Also called Islamorada Boatworks about their 18 Morada. They are running the hull now and it sounds like it will likely be in production certainly by the time I'm ready to order (March or April) for a September 2020 delivery.

Haven't talked with Chittum yet, but will.

It's weird having caught thousands of fish in my lifetime and finding myself a complete newbie. Even in today's technologies for these boats. Heck, last depth finder electronics I used were flashers and paper graphs. A lot to learn before I order a boat.

Thanks again guys and please keep the info coming if you've got it.


----------



## matt_baker_designs (Nov 27, 2012)

You may want to check out East Cape’s line of skiffs, there might be something in their line up that checks all the boxes you’re looking for. That being said, get at least a 9in screen, and put the Florida marine tracks chip in it. (South Region) It has satellite overlay like google maps, and tracks to follow. That will help you get around, as you’re getting familiar with the area. Simrad Evo3 is a good unit to pair it with. They have a 9in and a 12in


----------



## new2theflats (Jul 31, 2019)

Thanks for that info, didn't even have GPS back then, if we had anything we were using Loran.

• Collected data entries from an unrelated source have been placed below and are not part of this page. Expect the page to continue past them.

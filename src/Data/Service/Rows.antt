-- ===== src/Data/Service/Rows.antt =====
-- The rows that Create and Update make of a normalized input, field by field (internal/data/service.go).
use booth_catalog.Prelude.{
  false, [], ◌==◌, nat_eq, list_eq, eq_iff, none, ◌≡◌, ◌≢◌, ◌⊎◌, inl, inr, refl, arith, Bool-cases,
}
use booth_catalog.Text.{Text}
use booth_catalog.Asset.Actor.{Actor}
use booth_catalog.Data.Model.{Time, Format, Source, Dataset, Input}
use booth_catalog.Data.Service.{or_else, source_of, registered, edited}

-- An owner that is given, or another name where none is.
abbrev pub IsOwner : Text → Text → Text → Type 0
IsOwner given other owner = ((given ≢ []) × (owner ≡ given)) ⊎ ((given ≡ []) × (owner ≡ other))

-- A row that people write is marked so if it is a database table, and has no mark otherwise.
abbrev pub IsManual : Format → Source → Type 0
IsManual f s =
    ((f ≡ Format.postgres) × (s ≡ Source.manual)) ⊎ ((f ≢ Format.postgres) × (s ≡ Source.unset))

pub record IsRegistered (new_id ws : Text) (actor : Actor) (now : Time) (i : Input) (d : Dataset)
    : Type 0 where
  pub id : d.id ≡ new_id
  pub workspace : d.workspace ≡ ws
  pub name : d.name ≡ i.name
  pub description : d.description ≡ i.description
  pub location : d.location ≡ i.location
  pub schema : d.schema ≡ i.schema
  pub tags : d.tags ≡ i.tags
  pub format : d.format ≡ i.format
  pub postgres_table : d.postgres_table ≡ i.postgres_table
  pub source : IsManual i.format d.source
  pub updated_at : d.updated_at ≡ now
  pub owner : IsOwner i.owner actor.display_name d.owner
  pub created_by : d.created_by ≡ actor.subject
  pub created_at : d.created_at ≡ now
  pub table : d.table ≡ none
  pub source_module : d.source_module ≡ []
  pub kind : d.kind ≡ []
  pub approx_rows : d.approx_rows ≡ none
  pub missing : d.missing ≡ false

pub record IsEdited (cur : Dataset) (now : Time) (i : Input) (d : Dataset) : Type 0 where
  pub id : d.id ≡ cur.id
  pub workspace : d.workspace ≡ cur.workspace
  pub name : d.name ≡ i.name
  pub description : d.description ≡ i.description
  pub location : d.location ≡ i.location
  pub schema : d.schema ≡ i.schema
  pub tags : d.tags ≡ i.tags
  pub format : d.format ≡ i.format
  pub postgres_table : d.postgres_table ≡ i.postgres_table
  pub source : IsManual i.format d.source
  pub updated_at : d.updated_at ≡ now
  pub owner : IsOwner i.owner cur.owner d.owner
  pub created_by : d.created_by ≡ cur.created_by
  pub created_at : d.created_at ≡ cur.created_at
  pub table : d.table ≡ cur.table
  pub source_module : d.source_module ≡ cur.source_module
  pub kind : d.kind ≡ cur.kind
  pub approx_rows : d.approx_rows ≡ cur.approx_rows
  pub missing : d.missing ≡ cur.missing

or_else-IsOwner : (given other : Text) → IsOwner given other (or_else given other)
or_else-IsOwner given other = elim (Bool-cases (given == [])) [
  | inl p ↦ rw p (inr ((eq_iff given []).0 p, refl))
  | inr p ↦ rw p (inl (ground (arith, eq_iff given []), refl))
]

source_of-IsManual : (f : Format) → IsManual f (source_of f)
source_of-IsManual Format.unset = inr (ground arith, refl)
source_of-IsManual Format.file = inr (ground arith, refl)
source_of-IsManual Format.iceberg = inr (ground arith, refl)
source_of-IsManual Format.postgres = inl (refl, refl)
source_of-IsManual (Format.other t) = inr (ground arith, refl)

pub registered-IsRegistered :
    (id ws : Text) (actor : Actor) (now : Time) (i : Input)
    → IsRegistered id ws actor now i (registered id ws actor now i)
registered-IsRegistered id ws actor now i = record {
  id = refl;
  workspace = refl;
  name = refl;
  description = refl;
  location = refl;
  schema = refl;
  tags = refl;
  format = refl;
  postgres_table = refl;
  source = source_of-IsManual i.format;
  updated_at = refl;
  owner = or_else-IsOwner i.owner actor.display_name;
  created_by = refl;
  created_at = refl;
  table = refl;
  source_module = refl;
  kind = refl;
  approx_rows = refl;
  missing = refl;
}

pub edited-IsEdited :
    (cur : Dataset) (now : Time) (i : Input) → IsEdited cur now i (edited cur now i)
edited-IsEdited cur now i = record {
  id = refl;
  workspace = refl;
  name = refl;
  description = refl;
  location = refl;
  schema = refl;
  tags = refl;
  format = refl;
  postgres_table = refl;
  source = source_of-IsManual i.format;
  updated_at = refl;
  owner = or_else-IsOwner i.owner cur.owner;
  created_by = refl;
  created_at = refl;
  table = refl;
  source_module = refl;
  kind = refl;
  approx_rows = refl;
  missing = refl;
}
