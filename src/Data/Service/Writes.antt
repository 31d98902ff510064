-- ===== src/Data/Service/Writes.antt =====
-- What Create and Update store (internal/data/service.go).
use booth_catalog.Prelude.{
  false, not, [], eq_refl, nat_eq, list_eq, ◌≡◌, refl, sym, subst, ◌∙◌, arith, Bool-cases,
  Option-cases, inl, inr,
}
use booth_catalog.Prelude.GoMap
use booth_catalog.Prelude.GoMap.Laws.{get-put}
use booth_catalog.Text.{Text, txt, Casing}
use booth_catalog.Asset.Actor.{Actor}
use booth_catalog.Asset.Error.{Result, ok, err, refuse_if, with_value, Result-cases, bind-eq-ok}
use booth_catalog.Asset.Validation.{valid_workspace}
use booth_catalog.Data.Model.{Time, is_iceberg, Dataset, Input}
use booth_catalog.Data.Input.Laws.{normalize-IsPlaced}
use booth_catalog.Data.Input
use booth_catalog.Data.Store.{
  MemoryStore, write, at_ws, is_dead, lookup, lookup-eq-some, get_of_lookup, get-eq-ok, get,
  name_taken, updated,
}
use booth_catalog.Data.Store
use booth_catalog.Data.Store.Kept.{
  IsWellFormed, create-IsWellFormed, update-IsWellFormed, at_ws-here, is_live_of_new,
}
use booth_catalog.Data.Store.Reach.{IsNew}
use booth_catalog.Data.Service.Rows.{
  IsRegistered, IsEdited, registered-IsRegistered, edited-IsEdited,
}
use booth_catalog.Data.Service.{
  is_managed, create, update, registered, edited, written, save_edited, checked_input,
}

-- A row that was written, with no tombstone of it, is what Get returns.
get-write :
    (m : MemoryStore) (ws : Text) (d : Dataset)
    → is_dead m ws d.id ≡ false
    → get (write ws d m) ws d.id ≡ ok d
unfolding get lookup
get-write m ws d live = ground (
  arith,
  at_ws-here ws (GoMap.put d.id d (m.by_ws ws)) m.by_ws,
  get-put d.id d.id d (m.by_ws ws),
  eq_refl d.id,
)

get-create :
    (m : MemoryStore) (d : Dataset)
    → is_dead m d.workspace d.id ≡ false
    → (Store.create m d).0 ≡ ok tt
    → get (Store.create m d).1 d.workspace d.id ≡ ok d
unfolding Store.create
get-create m d live h = elim (Bool-cases (name_taken m d.workspace d.name [])) [
  | inl p ↦ absurd (ground arith)
  | inr p ↦ rw p (get-write m d.workspace d live)
]

get-update :
    (m : MemoryStore) (d : Dataset)
    → IsWellFormed m
    → (Store.update m d).0 ≡ ok tt
    → (cur : Dataset) × (get m d.workspace d.id ≡ ok cur)
      × (get (Store.update m d).1 d.workspace d.id ≡ ok (updated cur d))
unfolding Store.update
get-update m d before h = elim (Option-cases (lookup m d.workspace d.id)) [
  | inl p ↦ absurd (ground arith)
  | inr (cur, p) ↦
      let (live, row) = lookup-eq-some m d.workspace d.id cur p in
      let (same, here) = (before d.workspace).keyed d.id cur row in
      elim (Bool-cases (name_taken m d.workspace d.name d.id)) [
        | inl q ↦ absurd (ground arith)
        | inr q ↦ (
          cur,
          get_of_lookup m d.workspace d.id cur p,
          rw (p, q)
              (subst
                (λ x. get (write d.workspace (updated cur d) m) d.workspace x ≡ ok (updated cur d))
                same (get-write m d.workspace (updated cur d) (rw same live))),
        )
      ]
]

get_keyed :
    (m : MemoryStore) (ws id : Text) (cur : Dataset)
    → IsWellFormed m
    → get m ws id ≡ ok cur
    → (cur.id ≡ id) × (cur.workspace ≡ ws)
get_keyed m ws id cur before h =
    (before ws).keyed id cur (lookup-eq-some m ws id cur (get-eq-ok m ws id cur h)).1

ok-injective : (d d' : Dataset) → ok d ≡ ok d' → d ≡ d'
ok-injective d d' h = ground arith

get_at :
    (m : MemoryStore) (ws id ws' id' : Text) (r : Result Dataset)
    → ws ≡ ws'
    → id ≡ id'
    → get m ws' id' ≡ r
    → get m ws id ≡ r
get_at m ws id ws' id' r h k g = rw (h, k) g

written-ok :
    (d d' : Dataset) (r : Result (Unit {0}) × MemoryStore)
    → (written d r).0 ≡ ok d'
    → (r.0 ≡ ok tt) × (d ≡ d')
written-ok d d' (ok _, m) h = ground arith
written-ok d d' (err e, m) h = absurd (ground arith)

module _ ⦃u : Casing⦄ where
  checked_input-ok :
      (ws : Text) (i i' : Input) → checked_input ws i ≡ ok i' → Input.normalize i ≡ ok i'
  unfolding checked_input
  checked_input-ok ws i i' h =
      (bind-eq-ok (refuse_if (not (valid_workspace ws)) (txt "workspace")) _ h).2

  not_iceberg : (i i' : Input) → Input.normalize i ≡ ok i' → is_iceberg i'.format ≡ false
  not_iceberg i i' h = elim (normalize-IsPlaced i i' h) [
    | inl is ↦ ground (arith, is.format)
    | inr is ↦ ground (arith, is.format)
  ]

  update_result :
      (m : MemoryStore) (ws id : Text) (i : Input) (now : Time) (i' : Input) (cur : Dataset)
      → Input.normalize i ≡ ok i'
      → get m ws id ≡ ok cur
      → is_managed cur ≡ false
      → update m ws id i now ≡ written (edited cur now i') (Store.update m (edited cur now i'))
  unfolding update save_edited
  update_result m ws id i now i' cur p q r = rw (p, q, r) refl

  -- A dataset that Create accepted, under an ID that is new to a well-formed store, is the one that
  -- Get then returns: it has the fields of the normalized input, the workspace asked for, the actor as
  -- its creator and, where no owner is given, as its owner, and the time of the call; a database table is
  -- marked as registered by hand, and what only events fill in is blank.
  pub create-get :
      (m : MemoryStore) (ws id : Text) (actor : Actor) (i : Input) (now : Time) (d : Dataset)
      → IsWellFormed m
      → IsNew m ws id
      → (create m ws actor i id now).0 ≡ ok d
      → (get (create m ws actor i id now).1 ws id ≡ ok d)
        × ((i' : Input) × (Input.normalize i ≡ ok i') × IsRegistered id ws actor now i' d)
  unfolding create
  create-get m ws id actor i now d before new h = elim (Result-cases (checked_input ws i)) [
    | inl (i', p) ↦
        let row = registered id ws actor now i' in
        let g : (written row (Store.create m row)).0 ≡ ok d =
          subst
            (λ x.
              (with_value m x (λ i'.
                written (registered id ws actor now i')
                  (Store.create m (registered id ws actor now i')))).0
              ≡ ok d)
            p h in
        let (done, same) = written-ok row d (Store.create m row) g in
        rw p (
          subst (λ x. get (Store.create m row).1 ws id ≡ ok x) same
              (get-create m row (is_live_of_new m ws id before new.0) done),
          (
            i',
            checked_input-ok ws i i' p,
            subst (IsRegistered id ws actor now i') same
                (registered-IsRegistered id ws actor now i'),
          ),
        )
    | inr (e, p) ↦ absurd (ground arith)
  ]

  -- An accepted Update of a well-formed store was of a row that Get returned and that is not managed
  -- by another module. Its answer has the fields of the normalized input, the row's own owner where
  -- none is given and the time of the call, and is that row in all else, but that a database table is
  -- marked as registered by hand and nothing else is. What Get returns afterwards is that answer but for
  -- `Source`, which is the one of the row before.
  pub update_stores :
      (m : MemoryStore) (ws id : Text) (i : Input) (now : Time) (d : Dataset)
      → IsWellFormed m
      → (update m ws id i now).0 ≡ ok d
      → (cur : Dataset) × (get m ws id ≡ ok cur)
        × (is_managed cur ≡ false)
        × ((i' : Input) × (Input.normalize i ≡ ok i') × IsEdited cur now i' d)
        × (get (update m ws id i now).1 ws id ≡ ok (record d { source = cur.source }))
  unfolding update save_edited
  update_stores m ws id i now d before h = elim (Result-cases (Input.normalize i)) [
    | inr (e, p) ↦ absurd (ground arith)
    | inl (i', p) ↦ elim (Result-cases (get m ws id)) [
      | inr (e, q) ↦ absurd (ground arith)
      | inl (cur, q) ↦ elim (Bool-cases (is_managed cur)) [
        | inl r ↦ absurd (ground arith)
        | inr r ↦
            let row = edited cur now i' in
            let eq = update_result m ws id i now i' cur p q r in
            let (done, same) =
              written-ok row d (Store.update m row) (subst (λ x. x.0 ≡ ok d) eq h) in
            let (this, here) = get_keyed m ws id cur before q in
            let (cur', old, stored) = get-update m row before done in
            let e : cur ≡ cur' =
              ok-injective cur cur'
                (sym q ∙ get_at m ws id cur.workspace cur.id _ (sym here) (sym this) old) in
            (
              cur,
              q,
              r,
              (i', p, subst (IsEdited cur now i') same (edited-IsEdited cur now i')),
              subst (λ x. get x.1 ws id ≡ ok (record d { source = cur.source })) (sym eq)
                  (get_at (Store.update m row).1 ws id cur.workspace cur.id _ (sym here) (sym this)
                    (subst
                      (λ x.
                        get (Store.update m row).1 cur.workspace cur.id
                        ≡ ok (record x { source = cur.source }))
                      same
                      (subst
                        (λ x. get (Store.update m row).1 cur.workspace cur.id ≡ ok (updated x row))
                        (sym e) stored))),
            )
      ]
    ]
  ]

  -- The rows that Create and Update write are no iceberg tables, so that they keep the store well
  -- formed: Create under a new ID, Update under any.
  pub writes-IsWellFormed :
      (m : MemoryStore) (ws id : Text) (actor : Actor) (i : Input) (now : Time)
      → IsWellFormed m
      → (IsNew m ws id → IsWellFormed (create m ws actor i id now).1)
        × IsWellFormed (update m ws id i now).1
  unfolding create update save_edited
  writes-IsWellFormed m ws id actor i now before = (
    (λ new. elim (Result-cases (checked_input ws i)) [
      | inl (i', p) ↦ rw p (
          create-IsWellFormed m (registered id ws actor now i') before new.0 new.1
            (not_iceberg i i' (checked_input-ok ws i i' p)))
      | inr (e, p) ↦ rw p before
    ]),
    elim (Result-cases (Input.normalize i)) [
      | inr (e, p) ↦ rw p before
      | inl (i', p) ↦ elim (Result-cases (get m ws id)) [
        | inr (e, q) ↦ rw (p, q) before
        | inl (cur, q) ↦ elim (Bool-cases (is_managed cur)) [
          | inl r ↦ rw (p, q, r) before
          | inr r ↦
              rw (p, q, r) (update-IsWellFormed m (edited cur now i') before (not_iceberg i i' p))
        ]
      ]
    ],
  )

So I've got to ask this. I've got a small plane and in that world we use an app called Foreflight on an iPad for all our navigation, route planning, etc. Even most airlines now allow their pilots to use an iPad with Foreflight as an information source only (not primary nav) but those of us flying small planes use it as primary nav. Works fabulous.

So naturally with this experience and knowing nothing about using ocean charts the first place I went was to the app store thinking an option might be to mount an iPad in the boat. Found the Aqua Map- looks interesting but then I don't really know what I'm looking at yet. Is something like this worth considering or is it better to stay with dedicated hardware like the Simrad you mentioned.


----------



## jmrodandgun (Sep 20, 2013)

new2theflats said:


> Is something like this worth considering or is it better to stay with dedicated hardware like the Simrad you mentioned.


Not really. The screen doesn't perform well in sunlight. If it did they would make plotters without sonar obsolete overnight.


----------



## new2theflats (Jul 31, 2019)

Good point. In the airplane's cockpit it is shielded from direct sunlight, wouldn't be the case in a boat. Thanks.


----------